Freiheit im Sinne einer bürgerlichen bzw. sozialen Freiheit bedeutet schlicht, dass der Mensch ohne äußeren Zwang das tun kann, was er tun will[11], gleich, ob es sich um Gedanken oder Taten handelt. Da in jeder Gesellschaft Grenzen festgesetzt werden müssen, die diese Freiheit beschränken, versucht Mill zu erörtern, wie die Gewalt in ihrem Wesen und ihren Grenzen beschaffen sein muss, die die Gesellschaft gegenüber einem Individuum rechtmäßig einsetzen darf[12]. Er versucht einen Grundsatz zu formulieren, der das Verhältnis zwischen dem Einzelnen und dem Ganzen in Bezug auf jegliche Art von Gewalt zum Zwecke der Einschränkung jener Freiheit, prägnant wiedergibt. Denn im Wesen und der Begrenzung dieser Gewalt liegt die Freiheit.[13]

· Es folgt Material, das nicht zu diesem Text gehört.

-- ===== src/ReviewerAssignment/Tests.antt =====
-- A run over three PRs and two reviewers, one with a weekly limit.
use mathlib.Core.List.{Memᴰ}
use queueboard_core.Prelude.{
  not, leb, subst, if◌then◌else◌, any, erase, keep, ◌∙◌, ap, ℕ, ◌+◌, ◌≤◌, ◌≡◌, refl, sym, Bool,
  true, false, Option, none, some, List, [], ◌∷◌, contains, ltb, ◌==◌, Distinct, nat_eq, ap, ◌∙◌,
  arith,
}
use queueboard_core.Prelude.Int.{ℤ, pos, pos_part, neg_part, sub_ℕ}
use queueboard_core.Prelude.Text.{
  Text, text_eq, text_beq, text_beq_iff, codes, lower, normalize, starts_with,
}
use queueboard_core.Prelude.Sorting.{sorted}
use queueboard_core.Prelude.Dict.{put, get}
use queueboard_core.ReviewerAssignment.Profiles.{
  Loads, queue_age_of, is_positive, is_used_up, remaining, within_rate_limit, prefilter_reason,
  all_labels_lower, topic_labels, normalize_login, Arithmetic, ReviewerProfile, PrEntry,
}
use queueboard_core.ReviewerAssignment.Candidates.{
  reviewer_candidate_state, Chooser, Request, request_of, suggest_reviewer_for_pr,
}
use queueboard_core.ReviewerAssignment.Trace.{Trace, suggest_reviewer_for_pr_with_trace}
use queueboard_core.ReviewerAssignment.Explained.{
  is_explained, suggest_reviewer_for_pr_with_trace-explained,
}
use queueboard_core.ReviewerAssignment.SameChoice.{suggest_reviewer_for_pr_with_trace-same}
use queueboard_core.ReviewerAssignment.Ranking.{
  rank_prs_for_assignment, Priority, priority_lt, default_pr_assignment_priority,
}
use queueboard_core.ReviewerAssignment.Simulation.{Run, Setting, run_assignment_simulation}
use queueboard_core.ReviewerAssignment.Eligible.{
  Chooses, IsEligible, suggest_reviewer_for_pr-IsEligible,
}
use queueboard_core.ReviewerAssignment.Accounts.{Books, run_assignment_simulation-Books}
use queueboard_core.ReviewerAssignment.Limits.{given, norm_of, run_assignment_simulation-within}

instance abbrev whole_numbers : Arithmetic ℤ
whole_numbers = record {
  of_nat = λ n. pos n;
  add = λ a b. sub_ℕ (pos_part a + pos_part b) (neg_part a + neg_part b);
  sub = λ a b. sub_ℕ (pos_part a + neg_part b) (neg_part a + pos_part b);
  lt = λ a b. ltb (pos_part a + neg_part b) (neg_part a + pos_part b);
  le = λ a b. leb (pos_part a + neg_part b) (neg_part a + pos_part b);
}

abbrev first_of : Chooser ℤ
first_of draw [] weights = []
first_of draw (login ∷ logins) weights = login

first_of-Chooses : Chooses first_of
unfolding contains
first_of-Chooses draw [] weights e = absurd (cc)
first_of-Chooses draw (login ∷ logins) weights e = ground (arith, text_beq_iff login login)

abbrev reviewer : Text → ℕ → Option ℕ → ReviewerProfile
reviewer login capacity limit = record {
  github_login = login;
  maximum_capacity = capacity;
  auto_assign = true;
  temporary_break = false;
  preferred_labels_lower = codes "t-algebra" ∷ [];
  conflict_of_interest_lower = [];
  weekly_limit = limit;
  recent_assignment_count = 1;
  simulated_this_run = 0;
  excluded_labels_lower = [];
}

abbrev ann : ReviewerProfile
ann = reviewer (codes "Ann") 9 (some 2)

abbrev bob : ReviewerProfile
bob = reviewer (codes "bob") 1 none

abbrev reviewers : List ReviewerProfile
reviewers = ann ∷ bob ∷ []

abbrev entry : Text → PrEntry ℤ
entry author = record {
  labels = some (codes "t-algebra") ∷ some (codes "easy") ∷ [];
  author = some author;
  title = some (codes "feat: groups");
  total_queue_time = none;
}

abbrev is_topic : Text → Bool
is_topic name = starts_with (codes "t-") name

abbrev setting : Setting ℤ (Priority ℤ)
setting = record {
  all_prs = record {
    by_number = (1, entry (codes "eve")) ∷ (2, entry (codes "bob")) ∷ (4, entry (codes "eve")) ∷ [];
    by_text = [];
  };
  excluded_by_pr = [];
  fullmatch = is_topic;
  choose = first_of;
  scorer = default_pr_assignment_priority is_topic;
  key_less = priority_lt;
}

abbrev prs : List ℕ
prs = 1 ∷ 2 ∷ 3 ∷ 4 ∷ []

abbrev suggestions_of : Option (Run ℤ) → List (ℕ × Text)
suggestions_of none = []
suggestions_of (some run) = run.suggestions

-- PR 2 comes before PR 1, since only Ann may review it. Then Ann is at her weekly limit, PR 1 goes to
-- Bob, and nobody is left for PR 4.
run_picks :
    suggestions_of (run_assignment_simulation setting reviewers [] prs)
    ≡ (2, codes "Ann") ∷ (1, codes "bob") ∷ []
unfolding run_assignment_simulation rank_prs_for_assignment sorted get put erase priority_lt
    default_pr_assignment_priority reviewer_candidate_state request_of suggest_reviewer_for_pr
    topic_labels all_labels_lower starts_with prefilter_reason contains text_beq normalize_login
    normalize lower any keep within_rate_limit remaining is_positive queue_age_of
run_picks = refl

abbrev request : Request
request = request_of is_topic (codes "carl" ∷ []) (entry (codes "bob"))

ann_alone : (suggest_reviewer_for_pr first_of 0 request reviewers []).suggested ≡ some (codes "Ann")
unfolding reviewer_candidate_state request_of suggest_reviewer_for_pr topic_labels all_labels_lower
    starts_with sorted get prefilter_reason contains text_beq normalize_login normalize lower any
    keep within_rate_limit remaining is_positive queue_age_of
ann_alone = refl

suggest_reviewer_for_pr-IsEligible_example :
    (r : ReviewerProfile) × (codes "Ann" ≡ r.github_login)
    × IsEligible {W = ℤ} request [] reviewers r
suggest_reviewer_for_pr-IsEligible_example =
    suggest_reviewer_for_pr-IsEligible first_of 0 request reviewers [] (codes "Ann")
      first_of-Chooses ann_alone

prs-Distinct : Distinct prs
unfolding contains
prs-Distinct = (refl, (refl, (refl, (refl, tt))))

run_assignment_simulation-Books_example :
    (r : Run ℤ) × (run_assignment_simulation setting reviewers [] prs ≡ some r)
    × Books [] r.loads r.suggestions
run_assignment_simulation-Books_example =
    run_assignment_simulation-Books setting reviewers [] prs prs-Distinct

ann_alone_named : (r : ReviewerProfile) → Memᴰ r reviewers → norm_of r ≡ norm_of ann → r ≡ ann
unfolding normalize_login normalize lower text_beq
ann_alone_named r (Memᴰ.head e) same = e
ann_alone_named r (Memᴰ.tail (Memᴰ.head e)) same =
    let wrong : false ≡ true =
      (text_beq_iff (norm_of bob) (norm_of ann)).1 (ap norm_of (sym e) ∙ same) in
    absurd (cc)
ann_alone_named r (Memᴰ.tail (Memᴰ.tail m)) same = elim m [ ]

run_assignment_simulation-within_example :
    (r : Run ℤ) × (run_assignment_simulation setting reviewers [] prs ≡ some r)
    × (ann.recent_assignment_count + ann.simulated_this_run + given (norm_of ann) r.suggestions ≤ 2)
run_assignment_simulation-within_example =
    run_assignment_simulation-within setting first_of-Chooses reviewers ann 2 refl ann_alone_named
      [] prs prs-Distinct (omega arith)

abbrev capacity_of_login : Text → ℕ
capacity_of_login login = if login == codes "Ann" then 9 else 1

one_capacity :
    (r : ReviewerProfile) → Memᴰ r reviewers → r.maximum_capacity ≡ capacity_of_login r.github_login
unfolding text_beq
one_capacity r (Memᴰ.head e) =
    subst (λ x. x.maximum_capacity ≡ capacity_of_login x.github_login) (sym e) refl
one_capacity r (Memᴰ.tail (Memᴰ.head e)) =
    subst (λ x. x.maximum_capacity ≡ capacity_of_login x.github_login) (sym e) refl
one_capacity r (Memᴰ.tail (Memᴰ.tail m)) = elim m [ ]

suggest_reviewer_for_pr_with_trace-same_example :
    (suggest_reviewer_for_pr_with_trace first_of 0 request
      (entry (codes "bob"))
      (codes "t-algebra" ∷ [])
      reviewers
      []).0
    ≡ suggest_reviewer_for_pr first_of 0 request reviewers []
suggest_reviewer_for_pr_with_trace-same_example =
    suggest_reviewer_for_pr_with_trace-same first_of 0 request (entry (codes "bob"))
      (codes "t-algebra" ∷ []) [] capacity_of_login reviewers one_capacity

-- Bob opts out of a PR of Eve.
abbrev opted_out : Request
opted_out = request_of is_topic (codes "BOB" ∷ []) (entry (codes "eve"))

abbrev trace : Trace ℤ
trace =
    (suggest_reviewer_for_pr_with_trace first_of 0 opted_out (entry (codes "eve"))
      (codes "t-algebra" ∷ []) reviewers []).1

bob_in_contest : contains (codes "bob") trace.potential ≡ true
unfolding suggest_reviewer_for_pr_with_trace request_of topic_labels all_labels_lower starts_with
    sorted get prefilter_reason contains text_beq normalize_login normalize lower any keep
    within_rate_limit remaining is_positive
bob_in_contest = refl

abbrev no_loads : Loads ℤ
no_loads = []

whole_numbers_compared :
    (k : ReviewerProfile)
    → is_used_up (remaining no_loads k) ≡ not (is_positive (remaining no_loads k))
unfolding is_used_up is_positive remaining
whole_numbers_compared k = ground arith

suggest_reviewer_for_pr_with_trace-explained_example : is_explained (codes "bob") trace ≡ true
suggest_reviewer_for_pr_with_trace-explained_example =
    suggest_reviewer_for_pr_with_trace-explained first_of 0 opted_out (entry (codes "eve"))
      (codes "t-algebra" ∷ []) [] (codes "bob") whole_numbers_compared reviewers bob_in_contest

Sein Prinzip sagt aus, dass nur dann in die Freiheit des Einzelnen eingegriffen werden darf, wenn damit die Schädigung anderer verhindert werden kann. Er schließt damit jeglichen legitimen Einfluss der Gesellschaft in Handlungen und Denkweisen aus, die nur die Interessen des Individuums selbst berühren.[14] Erst, wenn die Interessen der Gesellschaft berührt werden, darf überhaupt die Erörterung über ein Eingreifen beginnen.[15] Das Eingreifen selbst ist erst gerechtfertigt, wenn damit eine Schädigung verhindert werden kann, die nicht nur den Verursacher der Handlung selbst betrifft. Diese Maxime wird als „harm principle“[16] bzw. Schädigungsprinzip bezeichnet.
Damit untergliedert Mill von vornherein jegliche Handlung, die ein Einzelner ausführen kann, in zwei Klassen. Erstens sind dies Handlungen, die lediglich ihn selbst direkt betreffen und deren Folgen er lediglich selbst zu spüren bekommt.
Diese Handlungen können Gegenstand von Missbilligung, aber niemals Gegenstand eines Eingreifens durch Andere sein. Der Einzelne handelt hier im Bereich seiner individuellen Freiheit.[17]
[...]
[1] Mill, John Stuart, 2006: Über die Freiheit. Stuttgart, S. 17. Mill geht nicht genauer darauf ein, woran dieser Stand der Gesellschaft zu erkennen ist.
[2] Pazos, Manuel García, 1999: Die Moralphilosophie John Stuart Mills Utilitarismus. Bonn. S. 125.
[3] Baum, Bruce, 1999: John Stuart Mill´s Conception of Economic Freedom in: History of Political Thought 20, Heft 3, 1999, S. 498.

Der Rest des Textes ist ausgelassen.